__Exercise description__. Once you find the line with "pub select_keeps : (d" in the entries below, return exactly every line from it through the line with "j ≤ queued d j".

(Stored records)
-.-.-

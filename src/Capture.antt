-- ===== src/Capture.antt =====
-- src/v4l_capture.c: the handle, and what it asks of the device while it captures.
pub mod Open
pub mod Mappings
pub mod Balance
pub mod Controls
pub mod Queue
pub mod Asked
pub mod Own
pub mod Session
pub mod Restart
pub mod Progress
mod Tests
use camkit.Base.{
  ℕ, zero, suc, ◌+◌, Bool, true, false, not, Option, none, some, List, [], ◌∷◌, Outcome, ok, fault,
  aborted, out_of_fuel, require, expect, ◌>>=◌, ◌>>◌, ltb, if◌then◌else◌, get_elem?, ◌%◌, ◌^◌,
}

-- `errno`, as far as the code looks at it.
pub data Errno : Type 0 where
  eintr einval eagain eio other : Errno

-- What `ioctl` gives: a result, or -1 with `errno`.
pub data Reply (A : Type 0) : Type 0 where
  answered : A → Reply A
  refused : Errno → Reply A

abbrev pub interrupted : Errno → Bool
interrupted eintr = true
interrupted _ = false

-- The loop of `xioctl` over a call on the device, whose state is a `D`.
unfoldable pub xioctl : {D A : Type 0} → (D → D × Reply A) → (fuel : ℕ) → D → Outcome (D × Reply A)
xioctl call zero d = out_of_fuel
xioctl call (suc fuel) d =
    let retry = xioctl call fuel (call d).0 in
    elim (call d).1 [
      | answered a ↦ ok ((call d).0, answered a)
      | refused e ↦ if interrupted e then retry else ok ((call d).0, refused e)
    ]

pub data Ready : Type 0 where
  select_failed timeout readable : Ready

-- The kernel's side: one function to a request. A number names a buffer.
pub record Device (D : Type 0) : Type 0 where
  pub select : D → D × Ready
  pub qbuf : ℕ → D → D × Reply (Unit {0})
  pub dqbuf : D → D × Reply ℕ
  pub streamon : D → D × Reply (Unit {0})
  pub streamoff : D → D × Reply (Unit {0})

pub record CapParam : Type 0 where
  pub dev_name : List ℕ
  pub width : ℕ
  pub height : ℕ
  pub pixfmt : ℕ
  pub rate : ℕ

-- `struct buffer_t`, with the address as a number.
pub record Buffer : Type 0 where
  pub start : ℕ
  pub length : ℕ

-- `none` is the descriptor -1; `v4lbuf` is the `index` of the field of that name, the only part that is read.
-- `image_counter`, an `unsigned long`, has 32 bits on the boards.
pub record CapHandle : Type 0 where
  pub fd : Option ℕ
  pub image_size : ℕ
  pub buffers : List Buffer
  pub nbuffers : ℕ
  pub params : CapParam
  pub image_counter : ℕ
  pub v4lbuf : ℕ
  pub v4lbuf_put : Bool

-- What `capture_get_data` returns: 0 with the buffer and its length, -1, or `EAGAIN`.
pub data Got : Type 0 where
  got : (start len : ℕ) → Got
  failed again : Got

-- The `switch` on `errno` after the request for a buffer.
abbrev pub refusal : Errno → Got
refusal eagain = again
refusal _ = failed

module _ {D : Type 0} (device : Device D) (tries : ℕ) where
  -- The loop of `capture_start` over the `n` buffers from `i` on.
  unfoldable pub queue_from : (i n : ℕ) → D → Outcome (D × Bool)
  unfolding xioctl
  queue_from i zero d = ok (d, true)
  queue_from i (suc n) d = xioctl (device.qbuf i) tries d >>= λ q. elim q.1 [
    | answered done ↦ queue_from (i + 1) n q.0
    | refused e ↦ ok (q.0, false)
  ]

  -- The result tells 0 from -1.
  unfoldable pub capture_start : CapHandle → D → Outcome (D × Bool)
  unfolding queue_from xioctl
  capture_start handle d = queue_from 0 handle.nbuffers d >>= λ q. elim q.1 [
    | false ↦ ok (q.0, false)
    | true ↦ xioctl device.streamon tries q.0 >>= λ s. elim s.1 [
      | answered done ↦ ok (s.0, true)
      | refused e ↦ ok (s.0, false)
    ]
  ]

  -- The answer is not looked at.
  unfoldable pub capture_stop : CapHandle → D → Outcome D
  unfolding xioctl
  capture_stop handle d = xioctl device.streamoff tries d >>= λ s. ok s.0

  -- The buffer that the client has is put back into the queue before the next one is taken.
  unfoldable pub put_back : CapHandle → D → Outcome (CapHandle × D × Bool)
  unfolding xioctl
  put_back handle d = elim handle.v4lbuf_put [
    | true ↦ ok (handle, d, true)
    | false ↦ xioctl (device.qbuf handle.v4lbuf) tries d >>= λ q. elim q.1 [
      | answered done ↦ ok (record handle { v4lbuf_put = true }, q.0, true)
      | refused e ↦ ok (handle, q.0, false)
    ]
  ]

  unfoldable pub fetch : CapHandle → D → Outcome (CapHandle × D × Got)
  unfolding xioctl
  fetch handle d = xioctl device.dqbuf tries d >>= λ q. elim q.1 [
    | refused e ↦ ok (record handle { v4lbuf = 0 }, q.0, refusal e)
    | answered i ↦
        require (ltb i handle.nbuffers)
        >> (expect (get_elem? handle.buffers i) >>= λ buffer. ok (
          record handle {
            v4lbuf = i;
            v4lbuf_put = false;
            image_counter = (handle.image_counter + 1) % 2 ^ 32;
          },
          q.0,
          got buffer.start handle.image_size,
        ))
  ]

  unfoldable pub capture_get_data : CapHandle → D → Outcome (CapHandle × D × Got)
  unfolding put_back fetch
  capture_get_data handle d = elim (device.select d).1 [
    | readable ↦ put_back handle (device.select d).0 >>= λ p. elim p.2 [
      | true ↦ fetch p.0 p.1
      | false ↦ ok (p.0, p.1, failed)
    ]
    | _ ↦ ok (handle, (device.select d).0, failed)
  ]
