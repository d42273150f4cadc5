-- ===== src/Capture/Queue.antt =====
-- Where the buffers of src/v4l_capture.c are: with the driver, or with the client.
use camkit.Base.{
  ℕ, zero, suc, ◌+◌, ◌≤◌, ◌<◌, ◌≡◌, refl, sym, ◌∙◌, ◌⊎◌, inl, inr, ok, ltb, leb, ◌==◌,
  if◌then◌else◌, arith,
}
use camkit.Capture.{
  Errno, eintr, einval, eagain, eio, other, Reply, answered, refused, xioctl, Device,
}

-- Whether `j` is the buffer `i`, and whether it is one of the `n` buffers from `i` on, as 1 and 0.
abbrev pub one : (i j : ℕ) → ℕ
one i j = if i == j then 1 else 0

abbrev pub among : (i n j : ℕ) → ℕ
among i n j = if leb i j then (if ltb j (i + n) then 1 else 0) else 0

-- What V4L2 documents of the driver, and that at most `patience d` requests in a row, fewer than
-- `tries`, are interrupted by a signal. `queued d j` counts how often the driver has the buffer `j`.
-- After `EIO` it may have dequeued a buffer without giving its number.
pub record Lawful {D : Type 0} (device : Device D) (tries : ℕ) : Type 0 where
  pub queued : D → ℕ → ℕ
  pub patience : D → ℕ
  pub patient : (d : D) → patience d < tries
  pub select_keeps : (d : D) (j : ℕ) → queued (device.select d).0 j ≡ queued d j
  pub qbuf_refused :
      (i : ℕ) (d : D) (e : Errno)
      → (device.qbuf i d).1 ≡ refused e
      → (j : ℕ) → queued (device.qbuf i d).0 j ≡ queued d j
  pub qbuf_answered :
      (i : ℕ) (d : D)
      → (device.qbuf i d).1 ≡ answered tt
      → (j : ℕ) → queued (device.qbuf i d).0 j ≡ queued d j + one i j
  pub qbuf_interrupted :
      (i : ℕ) (d : D)
      → (device.qbuf i d).1 ≡ refused eintr
      → patience (device.qbuf i d).0 < patience d
  pub dqbuf_refused :
      (d : D) (e : Errno)
      → ¬ (e ≡ eio)
      → (device.dqbuf d).1 ≡ refused e
      → (j : ℕ) → queued (device.dqbuf d).0 j ≡ queued d j
  pub dqbuf_eio :
      (d : D)
      → (device.dqbuf d).1 ≡ refused eio
      → (j : ℕ) → queued (device.dqbuf d).0 j ≤ queued d j
  pub dqbuf_answered :
      (d : D) (i : ℕ)
      → (device.dqbuf d).1 ≡ answered i
      → (j : ℕ) → queued d j ≡ queued (device.dqbuf d).0 j + one i j
  pub dqbuf_interrupted :
      (d : D) → (device.dqbuf d).1 ≡ refused eintr → patience (device.dqbuf d).0 < patience d
  pub streamon_keeps : (d : D) (j : ℕ) → queued (device.streamon d).0 j ≡ queued d j
  pub streamon_interrupted :
      (d : D) → (device.streamon d).1 ≡ refused eintr → patience (device.streamon d).0 < patience d

Reply-cases :
    {A : Type 0} (r : Reply A) → ((a : A) × (r ≡ answered a)) ⊎ ((e : Errno) × (r ≡ refused e))
Reply-cases (answered a) = inl (a, refl)
Reply-cases (refused e) = inr (e, refl)

-- The rule of the loop: what an interruption keeps holds when it ends.
module _ {D A : Type 0} (call : D → D × Reply A) (patience : D → ℕ) (Keeps : D → Type 0)
    (Ends : D → Reply A → Type 0)
    (shrinks : (d : D) → (call d).1 ≡ refused eintr → patience (call d).0 < patience d)
    (retries : (d : D) → Keeps d → (call d).1 ≡ refused eintr → Keeps (call d).0)
    (ends : (d : D) → Keeps d → ¬ ((call d).1 ≡ refused eintr) → Ends (call d).0 (call d).1) where
  abbrev Ended : (fuel : ℕ) → D → Type 0
  Ended fuel d = (d' : D) × (r : Reply A) × (xioctl call fuel d ≡ ok (d', r)) × Ends d' r

  once :
      (fuel : ℕ) (d : D)
      → Keeps d
      → ((call d).1 ≡ refused eintr → Ended fuel (call d).0)
      → (r : Reply A) → (call d).1 ≡ r
      → Ended (suc fuel) d
  unfolding xioctl
  once fuel d keeps more (answered a) e = (
    (call d).0,
    answered a,
    rw (e, xioctl) refl,
    rw (sym e) (ends d keeps (λ f. let g = sym e ∙ f in cc)),
  )
  once fuel d keeps more (refused eintr) e =
      let rest = more e in (rest.0, rest.1, rw (e, xioctl) rest.2, rest.3)
  once fuel d keeps more (refused einval) e = (
    (call d).0,
    refused einval,
    rw (e, xioctl) refl,
    rw (sym e) (ends d keeps (λ f. let g = sym e ∙ f in cc)),
  )
  once fuel d keeps more (refused eagain) e = (
    (call d).0,
    refused eagain,
    rw (e, xioctl) refl,
    rw (sym e) (ends d keeps (λ f. let g = sym e ∙ f in cc)),
  )
  once fuel d keeps more (refused eio) e = (
    (call d).0,
    refused eio,
    rw (e, xioctl) refl,
    rw (sym e) (ends d keeps (λ f. let g = sym e ∙ f in cc)),
  )
  once fuel d keeps more (refused other) e = (
    (call d).0,
    refused other,
    rw (e, xioctl) refl,
    rw (sym e) (ends d keeps (λ f. let g = sym e ∙ f in cc)),
  )

  pub xioctl-Ends : (fuel : ℕ) (d : D) → patience d < fuel → Keeps d → Ended fuel d
  xioctl-Ends zero d small keeps = absurd (omega arith)
  xioctl-Ends (suc fuel) d small keeps =
      once fuel d keeps
        (λ e. xioctl-Ends fuel (call d).0 (omega (arith, shrinks d e)) (retries d keeps e))
        (call d).1 refl
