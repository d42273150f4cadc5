-- ===== src/Capture/Asked.antt =====
-- What the driver of src/v4l_capture.c has after it was asked for something.
use camkit.Base.{ℕ, ◌+◌, ◌≤◌, ◌<◌, ◌≡◌, refl, ◌∙◌, true, false, ok, if◌then◌else◌, arith}
use camkit.Capture.{
  Errno, eintr, einval, eagain, eio, other, Reply, answered, refused, xioctl, Device, CapHandle,
}
use camkit.Capture.Queue.{one, among, Lawful, xioctl-Ends}

-- The buffer that the client has.
abbrev pub lent : CapHandle → ℕ → ℕ
lent handle j = if handle.v4lbuf_put then 0 else one handle.v4lbuf j

pub lent_none : (handle : CapHandle) (j : ℕ) → handle.v4lbuf_put ≡ true → lent handle j ≡ 0
lent_none handle j p = rw p refl

pub lent_out :
    (handle : CapHandle) (j : ℕ) → handle.v4lbuf_put ≡ false → lent handle j ≡ one handle.v4lbuf j
lent_out handle j p = rw p refl

pub one_self : (i : ℕ) → one i i ≡ 1
one_self i = ground arith

-- A count that is not 0 is that of a buffer of the handle, and it is 1.
pub among_lem : (n j : ℕ) → 1 ≤ among 0 n j → (j < n) × (among 0 n j ≡ 1)
among_lem n j h = ground arith

module _ {D : Type 0} (device : Device D) (tries : ℕ) (law : Lawful device tries) where
  -- What the driver has after it was asked to take `i`, and after it was asked for a buffer.
  abbrev pub AfterPut : (before : ℕ → ℕ) → ℕ → D → Reply (Unit {0}) → Type 0
  AfterPut before i d (answered done) = (j : ℕ) → law.queued d j ≡ before j + one i j
  AfterPut before i d (refused e) = (j : ℕ) → law.queued d j ≡ before j

  abbrev pub AfterTake : (before : ℕ → ℕ) → D → Reply ℕ → Type 0
  AfterTake before d (answered i) = (j : ℕ) → before j ≡ law.queued d j + one i j
  AfterTake before d (refused eio) = (j : ℕ) → law.queued d j ≤ before j
  AfterTake before d (refused _) = (j : ℕ) → law.queued d j ≡ before j

  -- After a refusal the driver has no more than before.
  pub AfterTake-le :
      (before : ℕ → ℕ) (d : D) (e : Errno)
      → AfterTake before d (refused e)
      → (j : ℕ) → law.queued d j ≤ before j
  AfterTake-le before d eintr after j = omega (arith, after j)
  AfterTake-le before d einval after j = omega (arith, after j)
  AfterTake-le before d eagain after j = omega (arith, after j)
  AfterTake-le before d eio after j = after j
  AfterTake-le before d other after j = omega (arith, after j)

  pub put-ends :
      (before : ℕ → ℕ) (i : ℕ) (d : D)
      → ((j : ℕ) → law.queued d j ≡ before j)
      → (r : Reply (Unit {0})) → (device.qbuf i d).1 ≡ r
      → AfterPut before i (device.qbuf i d).0 r
  put-ends before i d keeps (answered done) e =
      λ j. omega (arith, law.qbuf_answered i d e j, keeps j)
  put-ends before i d keeps (refused x) e = λ j. law.qbuf_refused i d x e j ∙ keeps j

  pub take-ends :
      (before : ℕ → ℕ) (d : D)
      → ((j : ℕ) → law.queued d j ≡ before j)
      → (r : Reply ℕ) → (device.dqbuf d).1 ≡ r
      → AfterTake before (device.dqbuf d).0 r
  take-ends before d keeps (answered i) e = λ j. omega (arith, law.dqbuf_answered d i e j, keeps j)
  take-ends before d keeps (refused eintr) e =
      λ j. law.dqbuf_refused d eintr (λ f. cc) e j ∙ keeps j
  take-ends before d keeps (refused einval) e =
      λ j. law.dqbuf_refused d einval (λ f. cc) e j ∙ keeps j
  take-ends before d keeps (refused eagain) e =
      λ j. law.dqbuf_refused d eagain (λ f. cc) e j ∙ keeps j
  take-ends before d keeps (refused eio) e = λ j. omega (arith, law.dqbuf_eio d e j, keeps j)
  take-ends before d keeps (refused other) e =
      λ j. law.dqbuf_refused d other (λ f. cc) e j ∙ keeps j

  pub xioctl-put :
      (i : ℕ) (d : D)
      → (d' : D) × (r : Reply (Unit {0})) × (xioctl (device.qbuf i) tries d ≡ ok (d', r))
        × AfterPut (law.queued d) i d' r
  xioctl-put i d =
      xioctl-Ends (device.qbuf i) law.patience (λ d'. (j : ℕ) → law.queued d' j ≡ law.queued d j)
        (AfterPut (law.queued d) i) (law.qbuf_interrupted i)
        (λ d' keeps e j. law.qbuf_refused i d' eintr e j ∙ keeps j)
        (λ d' keeps not_interrupted. put-ends (law.queued d) i d' keeps (device.qbuf i d').1 refl)
        tries d (law.patient d) (λ j. refl)

  pub xioctl-take :
      (d : D)
      → (d' : D) × (r : Reply ℕ) × (xioctl device.dqbuf tries d ≡ ok (d', r))
        × AfterTake (law.queued d) d' r
  xioctl-take d =
      xioctl-Ends device.dqbuf law.patience (λ d'. (j : ℕ) → law.queued d' j ≡ law.queued d j)
        (AfterTake (law.queued d)) law.dqbuf_interrupted
        (λ d' keeps e j. law.dqbuf_refused d' eintr (λ f. cc) e j ∙ keeps j)
        (λ d' keeps not_interrupted. take-ends (law.queued d) d' keeps (device.dqbuf d').1 refl)
        tries d (law.patient d) (λ j. refl)
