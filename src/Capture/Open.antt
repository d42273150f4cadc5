-- ===== src/Capture/Open.antt =====
-- `capture_open`, `init_device`, `init_mmap`, `uninit_device` and `capture_close` of
-- src/v4l_capture.c. The calls of `VIDIOC_CROPCAP`, `VIDIOC_S_CROP` and `VIDIOC_S_INPUT` are left
-- out: nothing depends on their answers.
use camkit.Base.{
  ℕ, zero, suc, ◌+◌, Bool, true, false, not, ◌&&◌, Option, none, some, List, [], ◌∷◌, ◌==◌, ltb,
  length, if◌then◌else◌,
}
use camkit.Base.Resources.{Run, acquire, hold, release, result, ◌>>=◌, ◌>>◌}
use native.Mathlib.Decide.{ℕ_discrete}
use camkit.Capture.{CapParam, Buffer, CapHandle}

pub data Resource : Type 0 where
  handle_memory device_fd buffer_array : Resource
  mapping : ℕ → Resource

unfoldable pub Resource-discrete : Discrete Resource
Resource-discrete = hlevel (ℕ_discrete)

-- The capabilities and the picture format that the device reports.
pub record Capability : Type 0 where
  pub video_capture : Bool
  pub streaming : Bool

pub record PixFormat : Type 0 where
  pub width : ℕ
  pub height : ℕ
  pub sizeimage : ℕ

-- The answers to the system calls, `none` and `false` where a call fails.
pub record Answers : Type 0 where
  pub malloc_handle : Bool
  pub stat : Bool
  pub is_chr : Bool
  pub open_device : Option ℕ
  pub querycap : Option Capability
  pub s_fmt : Option PixFormat
  pub s_parm : Bool
  pub reqbufs : Option ℕ
  pub calloc_buffers : Bool
  pub querybuf : ℕ → Option ℕ
  pub mmap : ℕ → Option ℕ

-- The loop of `init_mmap` over the `n` buffers from `i` on: those mapped, and whether all are.
unfoldable pub map_from : Answers → (i n : ℕ) → Run Resource (List Buffer × Bool)
map_from a i zero = result ([], true)
map_from a i (suc n) =
    let rest = map_from a (i + 1) n in
    elim (a.querybuf i) [
      | none ↦ result ([], false)
      | some len ↦ elim (a.mmap i) [
        | none ↦ result ([], false)
        | some address ↦ (do
          hold (mapping i)
          mapped ← rest
          result (record { start = address; length = len } ∷ mapped.0, mapped.1))
      ]
    ]

-- The loop at the label `err` of `init_mmap`, with `nbuffers` buffers mapped.
unfoldable pub unmap_down : (nbuffers : ℕ) → Run Resource (Unit {0})
unmap_down zero = result tt
unmap_down (suc n) = release (mapping n) >> unmap_down n

-- The result is the handle as it is afterwards; `none` stands for -1, after which it is freed.
unfoldable pub init_mmap : Answers → CapHandle → Run Resource (Option CapHandle)
unfolding map_from unmap_down
init_mmap a handle = elim a.reqbufs [
  | none ↦ result none
  | some count ↦ if ltb count 2 then result none else (do
    array ← acquire buffer_array a.calloc_buffers
    if not array then result none else (do
      mapped ← map_from a 0 count
      if mapped.1
          then result (some (record handle { buffers = mapped.0; nbuffers = length mapped.0 }))
          else (do unmap_down (length mapped.0); release buffer_array; result none)))
]

-- The checks and settings of `init_device`, up to the call of `init_mmap`: the `sizeimage` that
-- becomes `image_size`, or `none` for the return of -1.
unfoldable pub configure : Answers → CapHandle → Option ℕ
configure a handle = elim handle.fd [
  | none ↦ none
  | some fd ↦ elim a.querycap [
    | none ↦ none
    | some cap ↦
        if not cap.video_capture then none else if not cap.streaming then none else elim a.s_fmt [
          | none ↦ none
          | some fmt ↦
              if not ((fmt.width == handle.params.width) && (fmt.height == handle.params.height))
              then none
              else if not a.s_parm
              then none
              else some fmt.sizeimage
        ]
  ]
]

unfoldable pub init_device : Answers → CapHandle → Run Resource (Option CapHandle)
unfolding configure init_mmap
init_device a handle = elim (configure a handle) [
  | none ↦ result none
  | some sizeimage ↦ init_mmap a (record handle { image_size = sizeimage })
]

-- The handle before `init_device`.
abbrev pub at_open : CapParam → ℕ → CapHandle
at_open param descriptor = record {
  fd = some descriptor;
  image_size = 0;
  buffers = [];
  nbuffers = 0;
  params = param;
  image_counter = 0;
  v4lbuf = 0;
  v4lbuf_put = true;
}

-- The label `err`.
abbrev err : Run Resource (Option CapHandle)
err = release handle_memory >> result none

unfoldable pub capture_open : Answers → CapParam → Run Resource (Option CapHandle)
unfolding init_device
capture_open a param = do
  handle ← acquire handle_memory a.malloc_handle
  if not handle
      then result none
      else if not a.stat
      then err
      else if not a.is_chr
      then err
      else elim a.open_device [
        | none ↦ err
        | some descriptor ↦ (do
          hold device_fd
          initialised ← init_device a (at_open param descriptor)
          elim initialised [ none ↦ err | some h ↦ result (some h) ])
      ]

-- The loop of `uninit_device` over the `n` buffers from `i` on.
unfoldable pub unmap_up : (i n : ℕ) → Run Resource (Unit {0})
unmap_up i zero = result tt
unmap_up i (suc n) = release (mapping i) >> unmap_up (i + 1) n

unfoldable pub uninit_device : CapHandle → Run Resource (Unit {0})
unfolding unmap_up
uninit_device handle = unmap_up 0 handle.nbuffers >> release buffer_array

unfoldable pub capture_close : CapHandle → Run Resource (Unit {0})
unfolding uninit_device
capture_close handle = uninit_device handle >> elim handle.fd [
  | none ↦ result tt
  | some descriptor ↦ release device_fd >> release handle_memory
]
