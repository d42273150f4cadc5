-- ===== src/Capture/Mappings.antt =====
-- The mappings that src/v4l_capture.c makes and gives back in loops.
use camkit.Base.{
  ℕ, zero, suc, ◌+◌, ◌≡◌, refl, sym, ap, ◌∙◌, Bool, Option, none, some, List, ◌∷◌, append-nil, ok,
  length, arith,
}
use camkit.Base.Resources.{Run, replay, replay-released, give_back, give_back_self, give_back_ne}
use camkit.Capture.{Buffer}
use camkit.Capture.Open.{
  Resource, Resource-discrete, mapping, Answers, map_from, unmap_down, unmap_up,
}

-- The mappings of the `k` buffers from `i` on, the last one first.
abbrev pub stack : (i k : ℕ) → List Resource → List Resource
stack i zero held = held
stack i (suc k) held = mapping (i + k) ∷ stack i k held

pub stack_cons :
    (i k : ℕ) (held : List Resource) → stack i (suc k) held ≡ stack (i + 1) k (mapping i ∷ held)
stack_cons i zero held = let e : i + 0 ≡ i = omega arith in ap (λ m. mapping m ∷ held) e
stack_cons i (suc k) held =
    let e : i + suc k ≡ (i + 1) + k = omega arith in
    ap (λ m. mapping m ∷ stack i (suc k) held) e
    ∙ ap (λ t. mapping ((i + 1) + k) ∷ t) (stack_cons i k held)

mapping-inj : (m n : ℕ) → mapping m ≡ mapping n → m ≡ n
mapping-inj m n e = cc

-- A mapping can be given back from below later ones.
pub give_back-stack :
    (i k : ℕ) (held : List Resource)
    → give_back Resource-discrete (mapping i) (stack (i + 1) k (mapping i ∷ held))
      ≡ some (stack (i + 1) k held)
give_back-stack i zero held = give_back_self Resource-discrete (mapping i) held
give_back-stack i (suc k) held =
    give_back_ne Resource-discrete (mapping i) (mapping ((i + 1) + k))
      (stack (i + 1) k (mapping i ∷ held)) (stack (i + 1) k held)
      (λ e. let n : i ≡ (i + 1) + k = mapping-inj i ((i + 1) + k) e in omega arith)
      (give_back-stack i k held)

pub replay-unmap_down :
    (k : ℕ) (held : List Resource)
    → replay Resource-discrete (unmap_down k).0 (stack 0 k held) ≡ ok held
unfolding unmap_down replay
replay-unmap_down zero held = refl
replay-unmap_down (suc k) held =
    let e : 0 + k ≡ k = omega arith in
    ap (λ m. replay Resource-discrete (unmap_down (suc k)).0 (mapping m ∷ stack 0 k held)) e
    ∙ replay-released Resource-discrete (mapping k) (unmap_down k).0 (mapping k ∷ stack 0 k held)
        (stack 0 k held) (give_back_self Resource-discrete (mapping k) (stack 0 k held))
    ∙ replay-unmap_down k held

pub replay-unmap_up :
    (i k : ℕ) (held : List Resource)
    → replay Resource-discrete (unmap_up i k).0 (stack i k held) ≡ ok held
unfolding unmap_up replay
replay-unmap_up i zero held = refl
replay-unmap_up i (suc k) held =
    ap (replay Resource-discrete (unmap_up i (suc k)).0) (stack_cons i k held)
    ∙ replay-released Resource-discrete (mapping i) (unmap_up (i + 1) k).0
        (stack (i + 1) k (mapping i ∷ held)) (stack (i + 1) k held) (give_back-stack i k held)
    ∙ replay-unmap_up (i + 1) k held

pub replay-map_from :
    (a : Answers) (i n : ℕ) (held : List Resource)
    → replay Resource-discrete (map_from a i n).0 held
      ≡ ok (stack i (length (map_from a i n).1.0) held)
unfolding map_from replay
replay-map_from a i zero held = refl
replay-map_from a i (suc n) held =
    go (a.querybuf i) (a.mmap i) refl refl (replay-map_from a (i + 1) n (mapping i ∷ held))
  where
    m : Run Resource (List Buffer × Bool)
    m = map_from a (i + 1) n

    go :
        (q p : Option ℕ)
        → a.querybuf i ≡ q
        → a.mmap i ≡ p
        → replay Resource-discrete m.0 (mapping i ∷ held)
          ≡ ok (stack (i + 1) (length m.1.0) (mapping i ∷ held))
        → replay Resource-discrete (map_from a i (suc n)).0 held
          ≡ ok (stack i (length (map_from a i (suc n)).1.0) held)
    go none p e f ih = rw (e, map_from) refl
    go (some len) none e f ih = rw (e, f, map_from) refl
    go (some len) (some address) e f ih =
        rw (e, f, map_from, append-nil m.0) (ih ∙ ap ok (sym (stack_cons i (length m.1.0) held)))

-.-.-

__Task solution__.
  pub select_keeps : (d : D) (j : ℕ) → queued (device.select d).0 j ≡ queued d j
  pub qbuf_refused :
      (i : ℕ) (d : D) (e : Errno)
      → (device.qbuf i d).1 ≡ refused e
      → (j : ℕ) → queued (device.qbuf i d).0 j ≡ queued d j
  pub qbuf_answered :
      (i : ℕ) (d : D)
      → (device.qbuf i d).1 ≡ answered tt
      → (j : ℕ) → queued (device.qbuf i d).0 j ≡ queued d j + one i j
  pub qbuf_interrupted :
      (i : ℕ) (d : D)
      → (device.qbuf i d).1 ≡ refused eintr
      → patience (device.qbuf i d).0 < patience d
  pub dqbuf_refused :
      (d : D) (e : Errno)
      → ¬ (e ≡ eio)
      → (device.dqbuf d).1 ≡ refused e
      → (j : ℕ) → queued (device.dqbuf d).0 j ≡ queued d j
  pub dqbuf_eio :
      (d : D)
      → (device.dqbuf d).1 ≡ refused eio
      → (j : ℕ) → queued (device.dqbuf d).0 j ≤ queued d j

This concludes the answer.